Wat is lecithine en waar komt het voor?
A. Een eiwit, celwand van zoogdieren.
B. Een eiwit, celwand van bacterien.
C. Een lipide, celmembraan van zoogdieren.
D. Een lipide, cytoplasma van zoogdieren.
Wat moet een plaat bevatten om lecithinase aan te tonen.
A. Vooral suikers.
B. Eigeel.
C. Lipiden.
D. Extra agar.
Welke stoffen komen in grote hoeveelheden vrij bij de omzetting van suikers door C.perfringens?
A. CO2 en H2O.
B. CO2.
C. H2 en O2.
D. CO2 en H2.
Hoe gaat de therapie bij gasgangreen?
A. Orale antibiotica toediening.
B. De wond wordt opengehouden en de antibiotica wordt in hoge dosering erin gespoten.
C. Spuitjes met antibiotica.
D. Er is geen therapie voor gasgangreen.
I: C.tetani komt voor in de grond en maag/darmkanaal mens en dier.
II: C.tetani is geen sporenvormer.
Welke van de volgende beweringen is juist?A. I is juist II is onjuist.B. I is onjuist II is juist.C. Zijn beide juist.D. Zijn beide onjuist.
Open vraag: Hoe wordt de toxine genoemd die door C.tetani wordt gevormd? Wat voor toxine is dit?
Wat voor sporen worden gevormd door C.tetani?
A.Lange sporen terminaal.
B. Ronde sporen.
C. Ronde sporen, terminaal.
D. Geen.
Open vraag: Hoe komt C.botulinum binnen en wat voor toxine bevat deze bacterie?
Open vraag: Welke toxinen produceert C.difficile en waar zorgen deze toxinen voor?
Open vraag: Hoe wordt C.difficile gediagnosticeerd?
Welke Clostridium bacterie is gerelateerd aan antibiotica-gebruik?
A. C.perfringens.
B. C.difficile.
C. C.tetani.
D. C.novyi.
Wat voor soort sporen heeft de C.difficile?
A. Ronde, terminale sporen.
B. Ronde, subterminale sporen.
C. Ovale, terminale sporen.
D. Ovale, subterminale sporen.
Open vraag: In welke delen van het lichaam zijn Gram-positieve niet sporulerende staven de normale flora?

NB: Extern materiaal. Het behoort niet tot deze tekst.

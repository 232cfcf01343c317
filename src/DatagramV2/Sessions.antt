-- ===== src/DatagramV2/Sessions.antt =====
-- datagramsession/manager.go, datagramsession/session.go, connection/quic_datagram_v2.go: the
-- sessions of a connection over the limiter of flow. A request that the loop of the manager handles
-- is one step.
pub mod Slots
pub mod Reused
mod Tests
use shitflared.Prelude.{
  nat_eq, ℕ, zero, suc, Bool, true, false, not, ◌&&◌, List, [], ◌∷◌, ◌++◌, Option, none, some, ◌==◌,
  lookup, insert, remove, if◌then◌else◌,
}
use shitflared.Flow.{Limiter, FlowError, acquire, release}

-- A session is a number, those below `next` were made. `sessions` is the map of the manager, from the
-- identifiers of the edge; `serving` has the goroutines of `serveUDPSession`, each with its session and
-- the identifier of it; `close_chans` the messages to the sessions, which say whether the close is by
-- remote. The socket of a session is open as long as its goroutine runs.
pub record Connection : Type 0 where
  pub running : Bool
  pub sessions : List (ℕ × ℕ)
  pub serving : List (ℕ × ℕ)
  pub close_chans : List (ℕ × Bool)
  pub next : ℕ
  pub limiter : Limiter

-- What the address, the dialer and the request to the manager come to.
pub data Attempt : Type 0 where
  bad_address dial_failed timed_out dialed : Attempt

pub data RegisterError : Type 0 where
  too_many_active_flows invalid_destination_ip no_socket not_registered : RegisterError

-- `registerSession` of the manager, and the goroutine of the session.
unfoldable pub add_session : ℕ → Connection → Connection
add_session id c = record c {
  sessions = insert id c.next c.sessions;
  serving = (c.next, id) ∷ c.serving;
  next = suc c.next;
}

abbrev pub give_back : RegisterError → Connection → Connection × Option RegisterError
give_back e c = (record c { limiter = release c.limiter }, some e)

-- What follows the limiter.
abbrev pub dial : ℕ → Attempt → Connection → Connection × Option RegisterError
dial id bad_address c = give_back invalid_destination_ip c
dial id dial_failed c = give_back no_socket c
dial id timed_out c = give_back not_registered c
dial id dialed c = if c.running then (add_session id c, none) else give_back not_registered c

abbrev pub admitted :
    ℕ → Attempt → Connection → Limiter × Option FlowError → Connection × Option RegisterError
admitted id attempt c (l, some e) = (c, some too_many_active_flows)
admitted id attempt c (l, none) = dial id attempt (record c { limiter = l })

unfoldable pub register_udp_session : ℕ → Attempt → Connection → Connection × Option RegisterError
register_udp_session id attempt c = admitted id attempt c (acquire c.limiter)

abbrev pub close_session : ℕ → (by_remote : Bool) → Option ℕ → Connection → Connection
close_session id by_remote none c = c
close_session id by_remote (some session) c = record c {
  sessions = remove id c.sessions;
  close_chans = c.close_chans ++ ((session, by_remote) ∷ []);
}

-- `unregisterSession` of the manager.
unfoldable pub unregister_session : ℕ → (by_remote : Bool) → Connection → Connection
unregister_session id by_remote c = close_session id by_remote (lookup id c.sessions) c

-- Without a manager that runs the request times out.
unfoldable pub request_unregister : ℕ → (by_remote in_time : Bool) → Connection → Connection
request_unregister id by_remote in_time c =
    if c.running && in_time then unregister_session id by_remote c else c

-- How `Serve` of a session ends: by the first message of its channel, or by itself, idle or on an
-- error.
pub data Ending : Type 0 where
  by_message by_itself : Ending

unfoldable pub closed_by_remote : Ending → ℕ → List (ℕ × Bool) → Bool
closed_by_remote by_itself session chans = false
closed_by_remote by_message session [] = false
closed_by_remote by_message session ((s, by_remote) ∷ rest) =
    let later = closed_by_remote by_message session rest in
    if s == session then by_remote else later

unfoldable pub take_session : ℕ → List (ℕ × ℕ) → List (ℕ × ℕ)
take_session session [] = []
take_session session ((s, id) ∷ rest) =
    let later = take_session session rest in if s == session then rest else (s, id) ∷ later

abbrev pub after_serve : ℕ → (remote in_time : Bool) → Connection → Connection
after_serve id true in_time c = c
after_serve id false in_time c = request_unregister id false in_time c

-- The end of `serveUDPSession` and the release behind it.
unfoldable pub session_ended :
    (session id : ℕ) → Ending → (in_time : Bool) → Connection → Connection
session_ended session id ending in_time c =
    let ended = after_serve id (closed_by_remote ending session c.close_chans) in_time c in
    record ended { serving = take_session session ended.serving; limiter = release ended.limiter }

unfoldable pub unregister_all : List (ℕ × ℕ) → Connection → Connection
unregister_all [] c = c
unregister_all ((id, session) ∷ rest) c = unregister_all rest (unregister_session id true c)

-- The context of the manager is cancelled.
unfoldable pub shutdown_sessions : Connection → Connection
shutdown_sessions c = let after = unregister_all c.sessions c in record after { running = false }

pub data Event : Type 0 where
  registers : (id : ℕ) → Attempt → Event
  unregisters : (id : ℕ) → (in_time : Bool) → Event
  ends : (session id : ℕ) → Ending → (in_time : Bool) → Event
  shuts_down : Event

unfoldable pub step : Event → Connection → Connection
step (registers id attempt) c = (register_udp_session id attempt c).0
step (unregisters id in_time) c = request_unregister id true in_time c
step (ends session id ending in_time) c = session_ended session id ending in_time c
step shuts_down c = shutdown_sessions c

unfoldable pub new_connection : Limiter → Connection
new_connection l = record {
  running = true;
  sessions = [];
  serving = [];
  close_chans = [];
  next = 0;
  limiter = l;
}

Als er pus met zwavelkorrels worden gevonden aan welke bacterie kan er dan gedacht worden? Wat is de bekendste stam van deze bacterie?
A. Stafylokokken.
B. Streptokokken.
C. Actinomyces.
D. Clostridia.
Waar zorgt de actinomyces voor?
A. Kaakabces.
B. Keelonsteking.
C. Oorontsteking.
D. Geen van al het bovenstaande.
Wat is vaak een contaminant in het lab in de bloedkweek?
A. Actinomyces.
B. Clostridium
C. Streptokok.
D. Proprionibacterium.
Open vraag: Waar is de bifidobacterie de normale flora? (3 plaatsen).

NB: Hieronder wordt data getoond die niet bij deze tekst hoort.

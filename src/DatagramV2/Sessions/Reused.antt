-- ===== src/DatagramV2/Sessions/Reused.antt =====
-- datagramsession/manager.go: a session whose identifier is registered again.
use mathlib.Core.Path.{subst}
use shitflared.Prelude.{
  nat_eq, beq_refl, ℕ, suc, ◌≡◌, refl, sym, ap, ◌∙◌, arith, Bool, true, false, List, [], ◌∷◌, ◌++◌,
  Option, none, some, lookup, insert, if◌then◌else◌, lookup-insert, lookup-remove,
}
use shitflared.Flow.{Limiter, FlowError, acquire}
use shitflared.DatagramV2.Sessions.{
  Connection, dialed, RegisterError, add_session, give_back, admitted, register_udp_session,
  close_session, unregister_session, request_unregister, by_itself, closed_by_remote, take_session,
  session_ended, registers, ends, step, not_registered,
}

admitted_lem :
    (id : ℕ) (c : Connection) (r : Limiter × Option FlowError)
    → c.running ≡ true
    → r.1 ≡ none
    → (admitted id dialed c r).0 ≡ add_session id (record c { limiter = r.0 })
admitted_lem id c (l, some e) up h = absurd cc
admitted_lem id c (l, none) up h = ap (chosen (record c { limiter = l })) up
  where
    chosen : Connection → Bool → Connection
    chosen d running =
        let r : Connection × Option RegisterError =
          if running then (add_session id d, none) else give_back not_registered d in
        r.0

unregistered :
    (id s : ℕ) (c : Connection)
    → c.running ≡ true
    → lookup id c.sessions ≡ some s
    → request_unregister id false true c ≡ close_session id false (some s) c
unfolding request_unregister unregister_session
unregistered id s c up found = rw (up, found) refl

-- Both sessions are served, that of the identifier is the newer one, and the end of the older one takes
-- it down.
abbrev pub TakenDown : ℕ → Connection → Connection → Type 0
TakenDown id c d =
    ((lookup c.next d.serving ≡ some id) × (lookup (suc c.next) d.serving ≡ some id))
    × ((lookup id d.sessions ≡ some (suc c.next))
        × ((lookup id (step (ends c.next id by_itself true) d).sessions ≡ none)
            × ((lookup (suc c.next) (step (ends c.next id by_itself true) d).serving ≡ some id)
                × ((step (ends c.next id by_itself true) d).close_chans
                    ≡ c.close_chans ++ ((suc c.next, false) ∷ [])))))

registered :
    (id : ℕ) (c : Connection)
    → c.running ≡ true
    → (acquire c.limiter).1 ≡ none
    → step (registers id dialed) c ≡ add_session id (record c { limiter = (acquire c.limiter).0 })
unfolding step register_udp_session
registered id c up room = admitted_lem id c (acquire c.limiter) up room

registered_again :
    (id : ℕ) (c : Connection)
    → c.running ≡ true
    → (acquire (acquire c.limiter).0).1 ≡ none
    → step (registers id dialed) (add_session id (record c { limiter = (acquire c.limiter).0 }))
      ≡ add_session id (record (add_session id (record c { limiter = (acquire c.limiter).0 })) {
        limiter = (acquire (acquire c.limiter).0).0;
      })
unfolding add_session
registered_again id c up again =
    registered id (add_session id (record c { limiter = (acquire c.limiter).0 })) up again

newer_stays :
    (n id : ℕ) (older : List (ℕ × ℕ))
    → lookup (suc n) (take_session n ((suc n, id) ∷ older)) ≡ some id
unfolding lookup take_session
newer_stays n id older = ground arith

both_served :
    (n id : ℕ) (older : List (ℕ × ℕ))
    → (lookup n ((suc n, id) ∷ (n, id) ∷ older) ≡ some id)
      × (lookup (suc n) ((suc n, id) ∷ (n, id) ∷ older) ≡ some id)
unfolding lookup
both_served n id older = (ground arith, ground arith)

-- The newer session stands in front of the older one.
both :
    (id : ℕ) (c : Connection) (l m : Limiter)
    → c.running ≡ true
    → TakenDown id c
        (add_session id (record (add_session id (record c { limiter = l })) { limiter = m }))
unfolding step session_ended add_session closed_by_remote take_session
both id c l m up =
    let d = add_session id (record (add_session id (record c { limiter = l })) { limiter = m }) in
    let found : lookup id d.sessions ≡ some (suc c.next) =
      lookup-insert id id (suc c.next) (insert id c.next c.sessions) ∙ rw (beq_refl id) refl in
    let taken =
      subst
        (λ u.
          (lookup id u.sessions ≡ none)
          × ((lookup (suc c.next) (take_session c.next u.serving) ≡ some id)
              × (u.close_chans ≡ c.close_chans ++ ((suc c.next, false) ∷ []))))
        (sym (unregistered id (suc c.next) d up found))
        (
          lookup-remove id id d.sessions ∙ rw (beq_refl id) refl,
          (newer_stays c.next id ((c.next, id) ∷ c.serving), refl),
        ) in
    (both_served c.next id c.serving, (found, taken))

-- An identifier that is registered while a session has it goes to the new session, and both are served;
-- as the old session ends by itself, the new one is removed from the map and gets told to close. The
-- limiter has room for both.
pub reused_identifier_closes :
    (id : ℕ) (c : Connection)
    → c.running ≡ true
    → (acquire c.limiter).1 ≡ none
    → (acquire (acquire c.limiter).0).1 ≡ none
    → TakenDown id c (step (registers id dialed) (step (registers id dialed) c))
reused_identifier_closes id c up room again =
    let once = registered id c up room in
    subst (TakenDown id c)
      (sym (ap (λ d. step (registers id dialed) d) once ∙ registered_again id c up again))
      (both id c (acquire c.limiter).0 (acquire (acquire c.limiter).0).0 up)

Open vraag: Waar zet de lactobacillus suikers in om?
Open vraag: Waar komen lactobacillen voor? Zijn ze pathogeen?
Wat voor kolonies zullen lactobacillen vormen op een plaat?
A. Grote niet vergroenende dimorfe kolonies.

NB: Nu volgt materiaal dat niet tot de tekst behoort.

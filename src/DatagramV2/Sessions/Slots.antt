-- ===== src/DatagramV2/Sessions/Slots.antt =====
-- connection/quic_datagram_v2.go with flow/limiter.go: the slots of the limiter are those of the
-- sessions.
use shitflared.Prelude.{
  nat_eq, ℕ, suc, ◌+◌, ◌-◌, ◌%◌, ◌^◌, ◌≤◌, ◌<◌, ◌≡◌, refl, sym, ap, ◌∙◌, arith, Bool, true, false,
  not, ◌&&◌, List, [], ◌∷◌, Option, none, some, leb, length, lookup, if◌then◌else◌,
}
use shitflared.Flow.{Limiter, FlowError, too_many_active_flows, acquire, release, new_limiter}
use shitflared.DatagramV2.Sessions.{
  Connection, Attempt, bad_address, dial_failed, timed_out, dialed, add_session, dial, admitted,
  register_udp_session, close_session, unregister_session, request_unregister, closed_by_remote,
  take_session, after_serve, session_ended, unregister_all, shutdown_sessions, Event, registers,
  unregisters, ends, shuts_down, step, new_connection,
}

-- A session's end comes from its goroutine.
abbrev pub Enabled : Event → Connection → Type 0
Enabled (registers id attempt) c = Unit
Enabled (unregisters id in_time) c = Unit
Enabled (ends session id ending in_time) c = lookup session c.serving ≡ some id
Enabled shuts_down c = Unit

-- The connection is reached in `n` steps.
pub data Reaches (c : Connection) : ℕ → Connection → Type 0 where
  here : Reaches c 0 c
  next :
      {n : ℕ} {d : Connection}
      → Reaches c n d
      → (e : Event) → Enabled e d
      → Reaches c (suc n) (step e d)

abbrev Balanced : ℕ → Connection → Type 0
Balanced n c = (c.limiter.active_flows ≡ length c.serving) × (length c.serving ≤ n)

abbrev SameSlots : Connection → Connection → Type 0
SameSlots c d = (d.limiter ≡ c.limiter) × (d.serving ≡ c.serving)

length-take_session :
    (session id : ℕ) (list : List (ℕ × ℕ))
    → lookup session list ≡ some id
    → length (take_session session list) + 1 ≡ length list
unfolding lookup take_session
length-take_session session id [] h = absurd cc
length-take_session session id ((s, i) ∷ rest) h =
    ground (arith, length-take_session session id rest)

active-release : (l : Limiter) → (release l).active_flows ≡ l.active_flows - 1
unfolding release
active-release l = ground arith

unregister_session-SameSlots :
    (id : ℕ) (by_remote : Bool) (c : Connection) → SameSlots c (unregister_session id by_remote c)
unfolding unregister_session
unregister_session-SameSlots id by_remote c = by (lookup id c.sessions)
  where
    by : (o : Option ℕ) → SameSlots c (close_session id by_remote o c)
    by none = (refl, refl)
    by (some session) = (refl, refl)

request_unregister-SameSlots :
    (id : ℕ) (by_remote in_time : Bool) (c : Connection)
    → SameSlots c (request_unregister id by_remote in_time c)
unfolding request_unregister
request_unregister-SameSlots id by_remote in_time c = by (c.running && in_time)
  where
    by : (b : Bool) → SameSlots c (if b then unregister_session id by_remote c else c)
    by true = unregister_session-SameSlots id by_remote c
    by false = (refl, refl)

unregister_all-SameSlots :
    (list : List (ℕ × ℕ)) (c : Connection) → SameSlots c (unregister_all list c)
unfolding unregister_all
unregister_all-SameSlots [] c = (refl, refl)
unregister_all-SameSlots ((id, session) ∷ rest) c =
    let first = unregister_session-SameSlots id true c in
    let later = unregister_all-SameSlots rest (unregister_session id true c) in
    (later.0 ∙ first.0, later.1 ∙ first.1)

after_serve-SameSlots :
    (id : ℕ) (remote in_time : Bool) (c : Connection)
    → SameSlots c (after_serve id remote in_time c)
after_serve-SameSlots id true in_time c = (refl, refl)
after_serve-SameSlots id false in_time c = request_unregister-SameSlots id false in_time c

admitted-Balanced :
    (n id : ℕ) (attempt : Attempt) (c : Connection) (r : Limiter × Option FlowError)
    → Balanced n c
    → (r.1 ≡ none → r.0.active_flows ≡ suc c.limiter.active_flows)
    → Balanced (suc n) (admitted id attempt c r).0
unfolding add_session
admitted-Balanced n id attempt c (l, some e) b up = (b.0, omega (arith, b.1))
admitted-Balanced n id attempt c (l, none) b up = by attempt c.running
  where
    kept : Balanced (suc n) (record c { limiter = release l })
    kept = (omega (arith, active-release l, up refl, b.0), omega (arith, b.1))

    by :
        (a : Attempt) (running : Bool)
        → Balanced (suc n) (dial id a (record c { limiter = l; running = running })).0
    by bad_address running = kept
    by dial_failed running = kept
    by timed_out running = kept
    by dialed true = (omega (arith, up refl, b.0), omega (arith, b.1))
    by dialed false = kept

acquire-counts :
    (l : Limiter)
    → suc l.active_flows < 2 ^ 64
    → (acquire l).1 ≡ none
    → (acquire l).0.active_flows ≡ suc l.active_flows
unfolding acquire
acquire-counts l room h = by (not l.unlimited && leb l.max_active_flows l.active_flows) h
  where
    by :
        (b : Bool)
        → let r : Limiter × Option FlowError =
            if b
            then (l, some too_many_active_flows)
            else (record l { active_flows = (l.active_flows + 1) % 2 ^ 64 }, none) in
          r.1 ≡ none → r.0.active_flows ≡ suc l.active_flows
    by true e = absurd cc
    by false e = omega (arith, room)

step-Balanced :
    (n : ℕ) (e : Event) (c : Connection)
    → suc n < 2 ^ 64
    → Enabled e c
    → Balanced n c
    → Balanced (suc n) (step e c)
unfolding step register_udp_session session_ended shutdown_sessions
step-Balanced n (registers id attempt) c room on b =
    admitted-Balanced n id attempt c (acquire c.limiter) b
      (acquire-counts c.limiter (omega (arith, room, b.0, b.1)))
step-Balanced n (unregisters id in_time) c room on b =
    let s = request_unregister-SameSlots id true in_time c in
    (
      ap (λ l. l.active_flows) s.0 ∙ (b.0 ∙ ap (λ g. length g) (sym s.1)),
      omega (arith, b.1, ap (λ g. length g) s.1),
    )
step-Balanced n (ends session id ending in_time) c room on b =
    let s = after_serve-SameSlots id (closed_by_remote ending session c.close_chans) in_time c in
    let after = after_serve id (closed_by_remote ending session c.close_chans) in_time c in
    let one_less = ap (λ g. length (take_session session g)) s.1 in
    let taken = length-take_session session id c.serving on in
    (
      omega
          (arith, active-release after.limiter, ap (λ l. l.active_flows) s.0, b.0, one_less, taken),
      omega (arith, one_less, taken, b.1),
    )
step-Balanced n shuts_down c room on b =
    let s = unregister_all-SameSlots c.sessions c in
    (
      ap (λ l. l.active_flows) s.0 ∙ (b.0 ∙ ap (λ g. length g) (sym s.1)),
      omega (arith, b.1, ap (λ g. length g) s.1),
    )

reached :
    (max n : ℕ) (c : Connection)
    → n < 2 ^ 64
    → Reaches (new_connection (new_limiter max)) n c
    → Balanced n c
unfolding new_connection new_limiter
reached max n c room here = (refl, omega arith)
reached max n c room (next {n = m} {d} r e on) =
    step-Balanced m e d room on (reached max m d (omega (arith, room)) r)

-- Whatever a connection that has a limiter of its own is asked for, the active flows of its limiter
-- are the sessions that are served: registrations that fail keep no slot, and a session that ends
-- gives its slot back. There are fewer than 2^64 requests.
pub Reaches-balanced :
    (max n : ℕ) (c : Connection)
    → n < 2 ^ 64
    → Reaches (new_connection (new_limiter max)) n c
    → c.limiter.active_flows ≡ length c.serving
Reaches-balanced max n c room r = (reached max n c room r).0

B. Grote vergroenende kolonies.
C. Kleine niet vergroenende kolonies.
D. Kleine vergroenende kolonies.
Welke anaerobe bacterien worden in abcessen samen met andere bacterien gevonden? Zijn dit Gram-positieve of Gram-negatieve bacterien en zijn dit kokken of staven?
A. Peptostreptococcus.
B. Peptococcus niger en peptostreptococcus.
C. Lactobacillus en Bacteroides.
D. S.aureus.
B. Gram-positieve kokken.
Waar zijn bacteroides gevoelig voor?
A. Suikers.
B. Lipiden.
C. Indicatoren.
D. Briljantgroen.
Open vraag: Waar komen bacteroides voor? (4 plaatsen)
Open vraag: Hoe zien Bacteroides er in een Gram-kleuring uit?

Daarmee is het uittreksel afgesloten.